Hallo, ich schreibe gerade einen eigenen kleinen Messenger/chatroom (hauptsächlich zum üben) und wüsste gern ob und wie ich das verwenden kann um die verbindung zwischen client und Server zu verschlüsseln?


----------



## Lord_Aratorn (10. Feb 2011)

Jatoll hat gesagt.:


> Hallo, ich schreibe gerade einen eigenen kleinen Messenger/chatroom (hauptsächlich zum üben) und wüsste gern ob und wie ich das verwenden kann um die verbindung zwischen client und Server zu verschlüsseln?


Hey Jatoll,
du könntest es, wie schon gesagt wurde verwenden um mittels einem asymmetrischen verfahren (bsp. RSA) einen symmetrischen Schlüssel(bsp. AES) zu verschlüsseln. Diesen dann zu übertragen und anschließend für deine Verbindung zu nutzen indem du jede Nachricht mit diesem Schlüssel verschlüsselst. Der Vorteil ist, dass ein symmetrisches Verfahren sehr viel zeit in Anspruch nimmt, und du mittels dem Misch sowohl die Sicherheit eines asymmetrischen Verfahrens hast als auch die Geschwindigkeit eines Symmetrischen.

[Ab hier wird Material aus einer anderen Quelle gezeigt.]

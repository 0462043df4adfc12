-- ===== src/Ha.antt =====
-- api/python/provisioner/cortx_ha.py: the HA interfaces, the broker over them and the cluster calls.
pub mod Response
pub mod Managers
pub mod Broker
pub mod Cluster
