-- ===== src/Ha/Response.antt =====
-- `HAResponse.from_raw` and `ClusterManagerCortxBase.parse_ret`.
pub mod Laws
use cortx_prvsnr.Prelude.{String, ◌<>◌, Bool, ◌||◌, ◌==◌}
use cortx_prvsnr.Prelude.{if◌then◌else◌}
use cortx_prvsnr.Prelude.Text.{lower, contains}
use cortx_prvsnr.Errors.{Exception, attribute_error, value_error, provisioner_error}
use cortx_prvsnr.Errors.{not_implemented_error}
use cortx_prvsnr.Exec.{Result, ok, err}
use cortx_prvsnr.Fallible.{◌>>=◌}
use cortx_prvsnr.Json.{Json, null, text, Fields, get, truthy, is_none, as_dict, as_str}
use cortx_prvsnr.Json.{load_json_str}

pub record HaResponse : Type 0 where
  pub status : String
  pub output : Json
  pub error : Json

-- `converter_str_lower`
converter_str_lower : Json → Result String
unfolding lower as_str
converter_str_lower value = do s ← as_str value; ok (lower s)

-- The fields of an answer, an absent one as `None`; older versions have `msg` and no `error`.
status_field : Fields → Json
unfolding get
status_field res = get "status" null res

output_field : Fields → Json
unfolding get
output_field res = get "output" (get "msg" null res) res

error_field : Fields → Json
unfolding get
error_field res = get "error" (text "") res

-- Some value is missed. A status that is no `HACmdResult` is only logged.
incomplete : Fields → Bool
unfolding is_none status_field output_field error_field
incomplete res =
    is_none (status_field res) || is_none (output_field res) || is_none (error_field res)

-- `cls(**_res)`, once the values are there.
respond : Fields → Result HaResponse
unfolding incomplete converter_str_lower
respond res =
    if incomplete res then err (value_error "keys are missed in Cortx HA response") else do
      status ← converter_str_lower (status_field res)
      ok (record { status = status; output = output_field res; error = error_field res })

unfoldable pub from_raw : (String → Result Json) → Json → Result HaResponse
unfolding load_json_str as_dict respond
from_raw loads raw = do loaded ← load_json_str loads raw; res ← as_dict loaded; respond res

-- What `parse_ret` raises for a failed command: `error.lower()` needs a text.
failure : Json → Exception
unfolding lower
failure (text error) =
    if contains (lower error) "is not implemented"
    then not_implemented_error error
    else provisioner_error ("HA command failed with error: '" <> error <> "'")
failure _ = attribute_error "'lower'"

check_failed : HaResponse → Result HaResponse
unfolding failure truthy
check_failed resp =
    if resp.status == "failed"
    then err (failure (if truthy resp.error then resp.error else resp.output))
    else ok resp

unfoldable pub parse_ret : (String → Result Json) → Json → Result HaResponse
unfolding from_raw check_failed
parse_ret loads ret = do resp ← from_raw loads ret; check_failed resp
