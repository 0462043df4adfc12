-- ===== src/Ha/Managers.antt =====
-- The three managers over an HA interface: the `pcs` tool, the `cortx` tool and the Python API.
pub mod Laws
use cortx_prvsnr.Prelude.{ℕ, String, ◌<>◌, Bool, true, false, ◌||◌, Option, List, [], ◌∷◌, ◌==◌}
use cortx_prvsnr.Prelude.{if◌then◌else◌}
use cortx_prvsnr.Prelude.Text.{lower, contains}
use cortx_prvsnr.Errors.{Exception, attribute_error, value_error, provisioner_error}
use cortx_prvsnr.Errors.{not_implemented_error, salt_cmd_result_error}
use cortx_prvsnr.Exec.{Result, ok, err, Exec, pure, raise, lift, handle, ◌>>=◌, ◌>>◌}
use cortx_prvsnr.Json.{Json, text, load_json_str}
use cortx_prvsnr.Ha.Response.{HaResponse, parse_ret}

-- What lies outside: `cmd_run` on the local minion (the answer of that minion), local processes,
-- `json.loads`, `time.sleep`, and the package of `CortxClusterManager`, which may be absent.
-- A call of `controller` is one of the attribute of `cluster_controller` with that name.
pub record Env : Type 1 where
  pub World : Type 0
  pub cmd_run : String → Exec World String
  pub run_subprocess_cmd : String → Exec World (Unit {0})
  pub cluster_manager : Option (Exec World (Unit {0}))
  pub controller : String → Exec World Json
  pub loads : String → Result Json
  pub str : Json → String
  pub sleep : ℕ → World → World

-- `HAClusterStatus`
pub data HaClusterStatus : Type 0 where
  online offline standby degraded : HaClusterStatus

unfoldable pub status_eq : HaClusterStatus → HaClusterStatus → Bool
status_eq online online = true
status_eq offline offline = true
status_eq standby standby = true
status_eq degraded degraded = true
status_eq _ _ = false

-- `HAClusterStatus(value)`
unfoldable pub to_status : Json → Result HaClusterStatus
to_status (text s) =
    if s == "online"
    then ok online
    else if s == "offline"
    then ok offline
    else if s == "standby"
    then ok standby
    else if s == "degraded"
    then ok degraded
    else err (value_error "not a valid HAClusterStatus")
to_status _ = err (value_error "not a valid HAClusterStatus")

-- The classes that derive from `ClusterManagerBase`, the broker apart.
pub data Manager : Type 0 where
  manager_pcs manager_cortx_cmd manager_cortx_api : Manager

-- The methods that change the cluster.
pub data Action : Type 0 where
  stop go_standby start unstandby : Action

unfoldable pub api_name : Action → String
api_name stop = "stop"
api_name go_standby = "standby"
api_name start = "start"
api_name unstandby = "unstandby"

unfoldable pub pcs_command : Action → String
pcs_command stop = "pcs cluster stop --all --force"
pcs_command go_standby = "pcs cluster standby --all"
pcs_command start = "pcs cluster start --all"
pcs_command unstandby = "pcs cluster unstandby --all"

-- The tests on the output of `pcs status`, in the order of the code.
unfoldable pub read_pcs_status : String → Result HaClusterStatus
unfolding lower
read_pcs_status res =
    if contains (lower res) "online:"
    then ok online
    else if contains (lower res) "standby"
    then ok standby
    else if contains (lower res) "offline:"
    then ok offline
    else err (provisioner_error ("Unknown cluster status: '" <> res <> "'"))

-- The `except` clause of the same method.
unfoldable pub read_pcs_failure : (Json → String) → Exception → Result HaClusterStatus
read_pcs_failure str (salt_cmd_result_error args reason) =
    if contains (str reason) "cluster is not currently running on this node"
    then ok offline
    else err (salt_cmd_result_error args reason)
read_pcs_failure str exc = err exc

module _ (E : Env) where
  open E use {World, cmd_run, controller, loads, str}

  pcs_cluster_status_of : Result String × World → Result HaClusterStatus × World
  unfolding read_pcs_status read_pcs_failure
  pcs_cluster_status_of (ok res, w) = (read_pcs_status res, w)
  pcs_cluster_status_of (err exc, w) = (read_pcs_failure str exc, w)

  unfoldable pub pcs_cluster_status : Exec World HaClusterStatus
  unfolding pcs_cluster_status_of
  pcs_cluster_status w = pcs_cluster_status_of (cmd_run "pcs status" w)

  -- `ClusterManagerCortxCmd._run_api`: the output is decoded by `_run_cmd(json=True)`.
  unfoldable pub cortx_cmd_run_api : String → Exec World HaResponse
  unfolding load_json_str
  cortx_cmd_run_api api = do
    ret ← cmd_run ("cortx cluster " <> api)
    decoded ← lift (load_json_str loads (text ret))
    lift (parse_ret loads decoded)

  -- `ClusterManagerCortxAPI._run_api`
  unfoldable pub cortx_api_run_api : String → Exec World HaResponse
  cortx_api_run_api api = do ret ← controller api; lift (parse_ret loads ret)

  unavailable {ℓ} : {A : Type ℓ} → Exception → Exec World A
  unavailable (attribute_error e) w = (err (not_implemented_error "api is not available"), w)
  unavailable exc w = (err exc, w)

  -- `_call_ha_api_carefully`
  unfoldable pub call_ha_api_carefully {ℓ} : {A : Type ℓ} → Exec World A → Exec World A
  unfolding unavailable
  call_ha_api_carefully api w = handle unavailable (api w)

  -- `cluster_status` of each class.
  unfoldable pub cluster_status : Manager → Exec World HaClusterStatus
  unfolding pcs_cluster_status cortx_api_run_api call_ha_api_carefully to_status
  cluster_status manager_pcs = pcs_cluster_status
  cluster_status manager_cortx_cmd = raise (not_implemented_error "'status' is not supported")
  cluster_status manager_cortx_api =
      call_ha_api_carefully (do status ← cortx_api_run_api "status"; lift (to_status status.output))

  -- `cluster_stop`, `cluster_standby`, `cluster_start` and `cluster_unstandby` of each class.
  -- `cluster_stop` of the Python API is the inherited one, without the careful wrapper.
  unfoldable pub perform : Manager → Action → Exec World (Unit {0})
  unfolding api_name pcs_command cortx_cmd_run_api cortx_api_run_api call_ha_api_carefully
  perform manager_pcs a = do cmd_run (pcs_command a); pure tt
  perform manager_cortx_cmd go_standby = raise (not_implemented_error "'standby' is not supported")
  perform manager_cortx_cmd unstandby = raise (not_implemented_error "'unstandby' is not supported")
  perform manager_cortx_cmd stop = do cortx_cmd_run_api "stop"; pure tt
  perform manager_cortx_cmd start = do cortx_cmd_run_api "start"; pure tt
  perform manager_cortx_api stop = do cortx_api_run_api "stop"; pure tt
  perform manager_cortx_api a = call_ha_api_carefully (do cortx_api_run_api (api_name a); pure tt)

-- `ret in status`
unfoldable pub is_one_of : HaClusterStatus → List HaClusterStatus → Bool
unfolding status_eq
is_one_of ret [] = false
is_one_of ret (s ∷ status) = status_eq s ret || is_one_of ret status

-- `check_status`, of a manager or of the broker, by the `cluster_status` of that object.
unfoldable pub check_status {ℓ} :
    {W : Type ℓ} → Exec W HaClusterStatus → List HaClusterStatus → Exec W Bool
unfolding is_one_of
check_status cluster_status status = do ret ← cluster_status; pure (is_one_of ret status)
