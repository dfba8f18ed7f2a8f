-- ===== src/Keystore/Rotated.antt =====
-- Rotation publishes a new key and keeps the old ones; retirement spares the key that signs.
use mathlib.Core.Path.{subst}
use legant.Base.{
  ℕ, suc, ◌<◌, pos, ltb_ℤ, shift, String, ◌≡◌, ◌≢◌, refl, sym, ap, ◌∙◌, Bool, true, false, not,
  ◌&&◌, List, [], ◌∷◌, Option, none, some, ◌==◌, string_eq, nat_eq, eq_iff, arith, keep, length,
  map, All, All-imp, All-keep, Bool-cases, inl, inr, if◌then◌else◌,
}
use legant.Base.Result.{Result, ok, err, >>=-eq-ok, reject_if-eq-ok, ok-injective}
use legant.World.{World}
use legant.Delegation.Jwt.{Jwt}
use legant.Database.{is_some}
use legant.Keystore.{
  KeyError, aad, Envelope, KeyRow, Key, Keystore, newer, insert_row, sort_rows, is_published,
  key_of, cons_key, load, with_keys, reload, active_kid, active_signer, public_of, verifier_keys,
  has_id, or_error, generate, retire, scheduled, or_keep, rotated, rotate,
}
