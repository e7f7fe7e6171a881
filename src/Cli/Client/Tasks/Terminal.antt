-- ===== src/Cli/Client/Tasks/Terminal.antt =====
-- The frames that a client's tasks send, at the loop of the server's session.
use terminald.Base.{
  List, [], ◌∷◌, ◌++◌, map, Option, none, some, ◌≡◌, refl, sym, ap, subst, ◌∙◌, Bytes, All,
  All-front, All-back, Result, ok, err, Error,
}
use terminald.Channel.{Channel, IsChannel}
use terminald.Protocol.{
  Resize, ClientMessage, resize, input, IsClientMessage, SerdeJson, IsSerdeJson, decode_client,
  encode_client,
}
use terminald.Protocol.Client.{decode_client-encode_client}
use terminald.Session.{Turn, drive_socket}
use terminald.Session.Kernel.{
  written, written-append, Served, turns_of, kernel, kernel_takes_prefix,
}
use terminald.Session.Screen.{IsPrefix, prefix-append}
use terminald.Session.Shown.{IsPrefix-trans, additive-IsPrefix}
use terminald.Session.Typed.{effect, all_asked, on_terminal, drive_socket_only_asked}
use terminald.Cli.Client.{Event, stdin, resized, Sent, send_encoded, on_event, writer_task}
use terminald.Cli.Client.Tasks.{resize_capacity, sizes_in, IsSize, Tasks, Reach}
use terminald.Cli.Client.Tasks.Delivery.{message_of, messages_of, all_typed, Reach-IsKept}
use terminald.Cli.Client.Tasks.Calls.{
  IsClientTurn, frames_of, sizes_given, sizes_given-append, written-effect, sizes_given-effect,
  typed-opening, sizes-opening, map-append, asked_of, asked_of-ok, asked_of-append,
  all_asked_frames,
}

abbrev encoded_frame : Result Bytes → List Bytes
encoded_frame (ok f) = f ∷ []
encoded_frame (err e) = []

module _ (json : SerdeJson) where
  -- The frame of the first size, which `run` sends before it starts the tasks.
  abbrev pub opening : Option Resize → List Bytes
  opening none = []
  opening (some size) = encoded_frame (encode_client json (resize size))

  opening-encode_client :
      (size : Resize) (frame : Bytes)
      → encode_client json (resize size) ≡ ok frame
      → opening (some size) ≡ frame ∷ []
  opening-encode_client size frame e = ap encoded_frame e

  -- The frames decode to a first part of the messages.
  abbrev Decode : List Bytes → List ClientMessage → Type 0
  Decode frames all =
      (ms : List ClientMessage) × IsPrefix ms all × (map (decode_client json) frames ≡ map ok ms)

  abbrev Decodes : Sent → List ClientMessage → Type 0
  Decodes sent all = Decode sent.frames all

  module _ (lawful : IsSerdeJson json) where
    send_encoded-Decodes :
        (m : ClientMessage) (answer : Result (Unit {0})) (rest : Sent) (all : List ClientMessage)
        → IsClientMessage m
        → Decodes rest all
        → Decodes (send_encoded (encode_client json m) answer rest) (m ∷ all)
    send_encoded-Decodes m (ok u) rest all h (ms, front, same) =
        let (frame, encoded, decoded) = decode_client-encode_client json lawful m h in
        rw encoded (m ∷ ms, prefix-append (m ∷ []) ms all front, rw (decoded, same) refl)
    send_encoded-Decodes m (err e) rest all h d =
        let (frame, encoded, decoded) = decode_client-encode_client json lawful m h in
        rw encoded (m ∷ [], (all, refl), rw decoded refl)

    on_event-Decodes :
        (e : Event) (answer : Result (Unit {0})) (rest : Sent) (all : List ClientMessage)
        → All IsClientMessage (message_of e)
        → Decodes rest all
        → Decodes (on_event json e answer rest) (message_of e ++ all)
    unfolding on_event
    on_event-Decodes (stdin (err e)) answer rest all h d = ([], (all, refl), refl)
    on_event-Decodes (stdin (ok [])) answer rest all h d = ([], (_, refl), refl)
    on_event-Decodes (stdin (ok (b ∷ bs))) answer rest all (h, _) d =
        send_encoded-Decodes (input (b ∷ bs)) answer rest all h d
    on_event-Decodes (resized none) answer rest all h d = ([], (all, refl), refl)
    on_event-Decodes (resized (some size)) answer rest all (h, _) d =
        send_encoded-Decodes (resize size) answer rest all h d

    writer_task-Decodes :
        (events : List (Event × Result (Unit {0})))
        → All IsClientMessage (messages_of events)
        → Decodes (writer_task json events) (messages_of events)
    unfolding writer_task
    writer_task-Decodes [] h = ([], ([], refl), refl)
    writer_task-Decodes ((e, answer) ∷ events) h =
        on_event-Decodes e answer (writer_task json events) (messages_of events)
          (All-front IsClientMessage (message_of e) (messages_of events) h)
          (writer_task-Decodes events
            (All-back IsClientMessage (message_of e) (messages_of events) h))

    opening-Decode :
        (first : Option Resize) (frames : List Bytes) (all : List ClientMessage)
        → IsSize first
        → Decode frames all
        → Decode (opening first ++ frames) (map resize (sizes_in first) ++ all)
    opening-Decode none frames all h d = d
    opening-Decode (some size) frames all h (ms, front, same) =
        let (frame, encoded, decoded) = decode_client-encode_client json lawful (resize size) h in
        subst (λ fs. Decode (fs ++ frames) (resize size ∷ all))
          (sym (opening-encode_client size frame encoded))
          (resize size ∷ ms, prefix-append (resize size ∷ []) ms all front, rw (decoded, same) refl)

    frames_ask_in_order :
        (frames : List Bytes) (all : List ClientMessage) (ts : List Turn)
        → Decode frames all
        → All IsClientTurn ts
        → IsPrefix (frames_of ts) frames
        → IsPrefix (all_asked json ts) (map effect all)
    frames_ask_in_order frames all ts (ms, part, same) client front =
        let asked_part : IsPrefix (asked_of (map (decode_client json) (frames_of ts)))
            (asked_of (map (decode_client json) frames)) =
          additive-IsPrefix (λ fs. asked_of (map (decode_client json) fs)) (asked_of-append json)
            (frames_of ts) front in
        let decoded : asked_of (map (decode_client json) frames) ≡ map effect ms =
          ap asked_of same ∙ asked_of-ok ms in
        rw (all_asked_frames json ts client) (
          IsPrefix-trans (asked_of (map (decode_client json) (frames_of ts)))
            (rw decoded at asked_part) (additive-IsPrefix (map effect) map-append ms part))

    -- Whatever calls fail, the session makes a first part of the calls that the messages ask for.
    asked_in_order :
        (alternate : Error → Bytes) (frames : List Bytes) (all : List ClientMessage)
        (ts : List Turn)
        → Decode frames all
        → All IsClientTurn ts
        → IsPrefix (frames_of ts) frames
        → IsPrefix (on_terminal (drive_socket json alternate ts).actions) (map effect all)
    asked_in_order alternate frames all ts d client front =
        IsPrefix-trans (on_terminal (drive_socket json alternate ts).actions)
          (drive_socket_only_asked json alternate ts)
          (frames_ask_in_order frames all ts d client front)

    module _ {Queue : Type 0} (chan : Channel Resize Queue)
        (orderly : IsChannel resize_capacity chan) where
      -- From the keyboard and the window of a client to the terminal of the server: however the client's
      -- tasks are interleaved, whichever calls fail on both sides, and however many frames have arrived,
      -- what the session has written to the terminal is a first part of what was typed, and the sizes
      -- that it has given the terminal are a first part of those that the window had.
      pub client_reaches_terminal :
          {s : Tasks Queue} (alternate : Error → Bytes) (first : Option Resize) (ts : List Turn)
          → Reach json chan s
          → IsSize first
          → All IsClientTurn ts
          → IsPrefix (frames_of ts) (opening first ++ (writer_task json s.events).frames)
          → IsPrefix
              (written (on_terminal (drive_socket json alternate ts).actions))
              (all_typed (messages_of s.events))
            × IsPrefix
                (sizes_given (on_terminal (drive_socket json alternate ts).actions))
                (sizes_in first ++ s.seen)
      client_reaches_terminal {s = s} alternate first ts reached h client front =
          let v = Reach-IsKept json chan orderly reached in
          let calls =
            asked_in_order alternate _ _ ts
              (opening-Decode first _ _ h (writer_task-Decodes s.events v.typed)) client front in
          let actions = on_terminal (drive_socket json alternate ts).actions in
          let all = map resize (sizes_in first) ++ messages_of s.events in
          (
            rw (written-effect all, typed-opening first (messages_of s.events)) at
                (additive-IsPrefix written written-append actions calls),
            IsPrefix-trans (sizes_given actions)
                (rw (sizes_given-effect all, sizes-opening first (messages_of s.events)) at
                  (additive-IsPrefix sizes_given sizes_given-append actions calls))
                (prefix-append (sizes_in first) _ _ (_, v.kept)),
          )

      -- Down to the system call: however the client's tasks are interleaved, and whatever `write(2)` does
      -- with each write of the session (a part of the bytes, an interruption, a full buffer or an error),
      -- the bytes that it takes are a first part of what was typed, in order and each of them once.
      pub typing_reaches_write :
          {s : Tasks Queue} (alternate : Error → Bytes) (first : Option Resize) (ss : List Served)
          → Reach json chan s
          → IsSize first
          → All IsClientTurn (turns_of ss)
          → IsPrefix (frames_of (turns_of ss)) (opening first ++ (writer_task json s.events).frames)
          → IsPrefix (kernel json alternate ss) (all_typed (messages_of s.events))
      typing_reaches_write {s = s} alternate first ss reached h client front =
          let v = Reach-IsKept json chan orderly reached in
          let asked =
            frames_ask_in_order _ _ (turns_of ss)
              (opening-Decode first _ _ h (writer_task-Decodes s.events v.typed)) client front in
          let all = map resize (sizes_in first) ++ messages_of s.events in
          IsPrefix-trans (kernel json alternate ss) (kernel_takes_prefix json alternate ss) (
            rw (written-effect all, typed-opening first (messages_of s.events)) at
              (additive-IsPrefix written written-append (all_asked json (turns_of ss)) asked))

Ich würde dir empfehlen dich in entsprechende Literatur einzulesen, da meine Erklärung auch nur sehr kurz gehalten wurde. Für den Anfang reicht da Wikipedia.


Kommen wir zurück zu meinem Problem.

Ich glaube wir reden an einander vorbei 
Ich möchte gerne zum Signieren und zum Verschlüsseln die selbe Funktion nutzen, denn die Verfahren unterscheiden sich ja nur von dem übergebenen Schlüssel.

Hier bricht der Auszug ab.